Mechanics |10-06-2021|

Let the center of the cylinder cross section be the origin of the coordinate frame. After rolling the string by an angle $\theta$ about the circumference of the cylinder, a length of $R \theta$ will be wound about the cylinder, and therefore the coordinate of the particle will be

$p = R ( \sin \theta , - \cos \theta ) + (2 \pi R - R \theta) ( \cos \theta, \sin \theta )$

Taking the time-derivative of this expression,

$\dot{ p } = R ( \cos \theta , \sin \theta ) \dot{\theta} + (- R \dot{\theta} ) (\cos \theta, \sin \theta ) + (2 \pi R - R \theta) (- \sin \theta, \cos \theta) \dot{\theta}$

which simplifies to,

$\dot{p} = (2 \pi R - R \theta) \dot{\theta} (- \sin \theta, \cos \theta )$

Since $(-\sin \theta, \cos \theta)$ is a unit vector, the speed of the particle is given by

$v = R (2 \pi - \theta) \dot{ \theta}$

We can now apply the Lagrangian equation method, where since the motion is in the horizontal plane, the potential $V$ is zero, and $L = T$ , that is,

$L = \frac{1}{2} m v^2 = \frac{1}{2} m R^2 (2 \pi - \theta)^2 (\dot{\theta})^2 = \frac{1}{2} m R^2 (2 \pi - \theta)^2 \omega^2$

where $\omega = \dot{\theta}$ .

The equation of motion is derived from

$\dfrac{d}{dt} \left( \dfrac{\partial L}{\partial \omega} \right) = \dfrac{\partial L}{\partial \theta}$

and this evaluates to,

$\frac{1}{2} m R^2 \dfrac{d}{dt} \left( 2 \omega (2 \pi - \theta)^2 \right)= \frac{1}{2} m R^2 \omega^2 \cdot (-2)(2 \pi - \theta)$

Cancelling $m R^2$ on both sides, and evaluating the time derivative on the left side, this becomes,

$\dot{\omega} (2 \pi - \theta)^2 - 2 \omega^2 (2 \pi - \theta) = - \omega^2 (2 \pi - \theta)$

Dividing by $(2 \pi - \theta)$ and simplifying,

$\dot{\omega} (2 \pi - \theta) = \omega^2$

If we let $u = (2 \pi - \theta)$ , then $\dot{u} = - \omega$ , and $\ddot{u} = - \dot{\omega}$ , hence,

$\ddot{u} u + \dot{u} = 0$

That is to say,

$\dfrac{d}{dt} ( u \dot{u} ) = 0$

Which implies that

$u \dot{u} = K$ , where $K$ is a constant.

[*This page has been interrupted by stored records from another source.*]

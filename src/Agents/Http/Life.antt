-- ===== src/Agents/Http/Life.antt =====
-- What holds of an HTTP agent whatever happens to it.
use cordyceps.Common.{by_test, ◌+◌, String, refl, Bool, Option, none, some, List, [], ◌∷◌, ◌++◌}
use cordyceps.Agents.Types.{idle, busy}
use cordyceps.Agents.Feed.{State, Parsed, output, Agent, same_status}
use cordyceps.Agents.Feed.Steps.{
  Steps, stays, emits, exits, step, Steps_trans, set_status-Steps, feed_chunk-Steps,
}
use cordyceps.Agents.Feed.Mirror.{IsMirrored, Steps-IsMirrored, new_agent-IsMirrored}
use cordyceps.Agents.Http.{
  Submit, Request, Http, Reply, find_submit, find_request, is_active, new_http, interrupt, kill,
  write_body, stage, submit, resume_barging, resume_staging, on_chunk, on_output, when_busy,
  on_done, on_failed, on_timeout, Event, submitted, interrupt_done, control_done, control_threw,
  came, chunk, done, failed, timeout, interrupted, killed, written, on_event, on_events,
}

module _ {R : Type 0} (parse : String → State R → Parsed R) (body_of : String → Option String)
    (default_body : String → String) where
  abbrev Goes : Http R → Http R → Type 0
  Goes g h = Steps g.agent h.agent

  abbrev GoesReply : Http R → Http R × Reply → Type 0
  GoesReply g r = Steps g.agent r.0.agent

  write_body-Steps : (o : Option String) (h : Http R) → Steps h.agent (write_body o h).agent
  write_body-Steps none h = stays
  write_body-Steps (some s) h = stays

  stage-Steps : (s : Submit) (h : Http R) → Steps h.agent (stage body_of s h).agent
  stage-Steps s h =
      write_body-Steps (body_of s.prompt)
        (record h { pending = none; staging = h.staging ++ s ∷ [] })

  interrupt-Steps : (h : Http R) → Steps h.agent (interrupt h).agent
  unfolding interrupt
  interrupt-Steps h = by_test (Goes h) h.agent.has_exited (λ x. stays) (λ x. stays)

  submit-Steps : (i : Bool) (p : String) (h : Http R) → Steps h.agent (submit body_of i p h).0.agent
  unfolding submit
  submit-Steps i p h =
      let s : Submit = record { id = h.next_submit; prompt = p } in
      let h' = record h { next_submit = h.next_submit + 1 } in
      by_test (GoesReply h) h.agent.has_exited (λ x. stays)
        (λ x.
          by_test (GoesReply h) (is_active h.active)
            (λ y.
              by_test (GoesReply h) i
                (λ z. interrupt-Steps (record h' { barging = h.barging ++ s ∷ [] })) (λ z. stays))
            (λ y. stage-Steps s h'))

  resume_barging-Steps :
      (o : Option Submit) (h : Http R) → Steps h.agent (resume_barging body_of o h).agent
  resume_barging-Steps none h = stays
  resume_barging-Steps (some s) h = stage-Steps s (record h { barging = _ })

  resume_staging-Steps :
      (o : Option Submit) (h : Http R) → Steps h.agent (resume_staging default_body o h).agent
  resume_staging-Steps none h = stays
  resume_staging-Steps (some s) h = set_status-Steps busy h.agent

  when_busy-Steps : (a : Agent R) → Steps a (when_busy a)
  when_busy-Steps a =
      by_test (Steps a) (same_status a.state.status busy) (λ x. set_status-Steps idle a)
        (λ x. stays)

  on_chunk-Steps :
      (s : String) (o : Option Request) (h : Http R) → Steps h.agent (on_chunk parse s o h).agent
  unfolding on_chunk
  on_chunk-Steps s none h = stays
  on_chunk-Steps s (some r) h = feed_chunk-Steps parse s h.agent

  on_output-Steps :
      (s : String) (o : Option Request) (h : Http R) → Steps h.agent (on_output s o h).agent
  on_output-Steps s none h = stays
  on_output-Steps s (some r) h = step (emits (output s) refl)

  on_done-Steps : (o : Option Request) (h : Http R) → Steps h.agent (on_done o h).agent
  unfolding on_done
  on_done-Steps none h = stays
  on_done-Steps (some r) h = when_busy-Steps h.agent

  on_failed-Steps : (o : Option Request) (h : Http R) → Steps h.agent (on_failed o h).agent
  unfolding on_failed
  on_failed-Steps none h = stays
  on_failed-Steps (some r) h = when_busy-Steps h.agent

  on_timeout-Steps : (o : Option Request) (h : Http R) → Steps h.agent (on_timeout o h).agent
  on_timeout-Steps none h = stays
  on_timeout-Steps (some r) h = stays

  on_event-Steps :
      (e : Event) (h : Http R) → Steps h.agent (on_event parse body_of default_body e h).agent
  unfolding on_event kill
  on_event-Steps (submitted i p) h = submit-Steps i p h
  on_event-Steps (interrupt_done k) h = resume_barging-Steps (find_submit k h.barging) h
  on_event-Steps (control_done k) h = resume_staging-Steps (find_submit k h.staging) h
  on_event-Steps (control_threw k) h = stays
  on_event-Steps (came k s) h = on_output-Steps s (find_request k h.running) h
  on_event-Steps (chunk k s) h = on_chunk-Steps s (find_request k h.running) h
  on_event-Steps (done k) h = on_done-Steps (find_request k h.running) h
  on_event-Steps (failed k) h = on_failed-Steps (find_request k h.running) h
  on_event-Steps (timeout k) h = on_timeout-Steps (find_request k h.running) h
  on_event-Steps interrupted h = interrupt-Steps h
  on_event-Steps killed h = by_test (Goes h) h.agent.has_exited (λ x. stays) (λ x. step (exits 0 x))
  on_event-Steps (written s) h = stays

  on_events-Steps :
      (es : List Event) (h : Http R)
      → Steps h.agent (on_events parse body_of default_body es h).agent
  unfolding on_events
  on_events-Steps [] h = stays
  on_events-Steps (e ∷ es) h =
      Steps_trans (on_event-Steps e h)
        (on_events-Steps es (on_event parse body_of default_body e h))

-- Whatever calls, responses, failures and timers come, the bus has the state of an HTTP agent, which
-- is the state that it published last; its transcript holds the messages that it emitted, in order; it
-- has exited just when it has emitted one exit, whose code is its exit code and what the exit promise
-- gives.
pub http-IsMirrored :
    {R : Type 0} (parse : String → State R → Parsed R) (body_of : String → Option String)
    (default_body : String → String) (es : List Event) (s : State R)
    → IsMirrored (on_events parse body_of default_body es (new_http s)).agent
http-IsMirrored parse body_of default_body es s =
    Steps-IsMirrored (on_events-Steps parse body_of default_body es (new_http s))
      (new_agent-IsMirrored (record s { status = idle }))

Plugging in the expression for $u$ and $\dot{u}$ , gives us,

$(2 \pi - \theta) (-\dot{\theta} ) = K$

From this equation we deduce that the speed of the particle remains constant, and that constant is $(- R K )$ . This is expected because the motion is in the horizontal plane, and the potential energy of the particle remains constant, so its kinetic energy remains constant as well (since the total energy is conserved).

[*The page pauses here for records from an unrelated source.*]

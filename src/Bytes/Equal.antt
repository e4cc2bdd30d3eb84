-- ===== src/Bytes/Equal.antt =====
-- The comparison of byte.c and of crypto_verify_16.c, in constant time: a difference that is
-- collected over all positions.
use tinyssh.Common.{
  ℕ, zero, suc, ◌+◌, ◌≤◌, ◌<◌, ◌≡◌, refl, ap, ap₂, sym, ◌∙◌, ◌↔◌, List, ◌∷◌, true, ==_iff, arith,
  length, get_or, take, drop, drop-step,
}
use tinyssh.Common.Xor.{bit_xor_self, bit_xor-zero→≡, bit_or-zero→zeros}
use Prim.Native.Nat.{bit_or, bit_xor}
use tinyssh.Bytes.{byte_isequal, diff_loop}

-- The next byte of both.
step :
    (x : List ℕ) (i n : ℕ)
    → i < length x
    → take (suc n) (drop i x) ≡ get_or x i 0 ∷ take n (drop (i + 1) x)
step x i n h =
    ap (take (suc n)) (drop-step x i 0 h)
    ∙ ap (λ k. get_or x i 0 ∷ take n (drop k x)) {x = suc i} (omega arith)

heads : (a b : ℕ) (xs ys : List ℕ) → a ∷ xs ≡ b ∷ ys → (a ≡ b) × (xs ≡ ys)
heads a b xs ys e = (cc, cc)

pub diff_loop-zero :
    (y x : List ℕ) (i d n : ℕ)
    → i + n ≤ length y
    → i + n ≤ length x
    → (diff_loop y x i d n ≡ 0) ↔ ((d ≡ 0) × (take n (drop i y) ≡ take n (drop i x)))
unfolding diff_loop
diff_loop-zero y x i d zero h k = ((λ e. (e, refl)), (λ p. p.0))
diff_loop-zero y x i d (suc n) h k =
    round (diff_loop-zero y x (i + 1) _ n (omega arith) (omega arith))
  where
    d' : ℕ
    d' = bit_or d (bit_xor (get_or x i 0) (get_or y i 0))

    nothing : d ≡ 0 → get_or y i 0 ≡ get_or x i 0 → d' ≡ 0
    nothing e f =
        ap₂ (λ a b. bit_or a (bit_xor (get_or x i 0) b)) e f
        ∙ ap (bit_or 0) (bit_xor_self (get_or x i 0))

    round :
        (diff_loop y x (i + 1) d' n ≡ 0)
          ↔ ((d' ≡ 0) × (take n (drop (i + 1) y) ≡ take n (drop (i + 1) x)))
        → (diff_loop y x (i + 1) d' n ≡ 0)
          ↔ ((d ≡ 0) × (take (suc n) (drop i y) ≡ take (suc n) (drop i x)))
    round ih = (
      (λ e.
          let p = ih.0 e in
          let z = bit_or-zero→zeros d (bit_xor (get_or x i 0) (get_or y i 0)) p.0 in
          let same = bit_xor-zero→≡ (get_or x i 0) (get_or y i 0) z.1 in
          (
            z.0,
            step y i n (omega arith) ∙ ap₂ ◌∷◌ (sym same) p.1 ∙ sym (step x i n (omega arith)),
          )),
      (λ p.
          let t =
            heads (get_or y i 0) (get_or x i 0) _ _
              (sym (step y i n (omega arith)) ∙ p.1 ∙ step x i n (omega arith)) in
          ih.1 (nothing p.0 t.0, t.1)),
    )

-- `byte_isequal` of `n` bytes that both objects have answers true exactly when those are the same.
pub byte_isequal_iff :
    (y x : List ℕ) (n : ℕ)
    → n ≤ length y
    → n ≤ length x
    → (byte_isequal y n x ≡ true) ↔ (take n y ≡ take n x)
unfolding byte_isequal
byte_isequal_iff y x n h k = (
  (λ e. (same.0 ((==_iff (diff_loop y x 0 0 n) 0).0 e)).1),
  (λ e. (==_iff (diff_loop y x 0 0 n) 0).1 (same.1 (refl, e))),
)
  where
    same : (diff_loop y x 0 0 n ≡ 0) ↔ ((◌≡◌ {A = ℕ} 0 0) × (take n y ≡ take n x))
    same = diff_loop-zero y x 0 0 n (omega arith) (omega arith)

From $u \dot{u} = K$ , by separating the variables, and integrating, we get

$u^2 - u(0)^2 = 2 K t$

Thus

$(2 \pi - \theta)^2 - (2 \pi)^2 = - 2 v_0 / R t$

At the final instant, we have $\theta_f = 2 \pi$ , and hence,

$t_f = \dfrac{2 \pi^2 R}{ v_0}$

Thus option $A$ is false, while options $B$ and $D$ are true. What remains is option $C$ which is a statement about the tension in the string , by taking the derivative of $\dot{p}$ , we get,

$\dot{p} = (2 \pi R - R \theta) \dot{\theta} (- \sin \theta, \cos \theta )$

$\ddot{p} = R [ (-\omega^2 +(2 \pi - \theta) \dot{\omega}) (-\sin \theta, \cos \theta) + (2 \pi - \theta) \omega^2 (- \cos \theta, - \sin \theta ) ]$

This is the expression for the acceleration of the particle and it is proportional to the tension in the string.

The first term is identically zero, from the analysis above, therefore,

$\ddot{p} = R (2 \pi - \theta) \omega^2 (- \cos \theta, - \sin \theta )$

Since $(-\cos \theta, - \sin \theta)$ is a unit vector, the magnitude of acceleration is

$a = R (2 \pi - \theta) \omega^2$

Also, from the above analysis, we have,

$\theta = 2 \pi - \sqrt{ 4 \pi^2 - 2 (v_0 / R) t }$

Thus,

$\omega = \dfrac{ (v_0 / R) }{ \sqrt{ 4 \pi^2 - 2 (v_0 / R) t }}$

Hence, the acceleration magnitude is

$a = R \sqrt{ 4 \pi^2 - 2 (v_0/R) t } \dfrac{ (v_0/R)^2 } { ( 4 \pi ^2 - 2 (v_0/ R) t) } = \dfrac{ (v_0^2 / R) }{\sqrt{ 4 \pi^2 - 2 (v_0/R) t }}$

As the time $t$ progresses, the denominator decreases, and therefore, $a$ increases, therefore the force acting on the particle (which is the tension in the string) must be increasing.

Thus choice $C$ is also true.

This makes the answer $(2)^2 + (3)^2 + (4)^2 = 4 + 9 + 16 = \boxed{29}$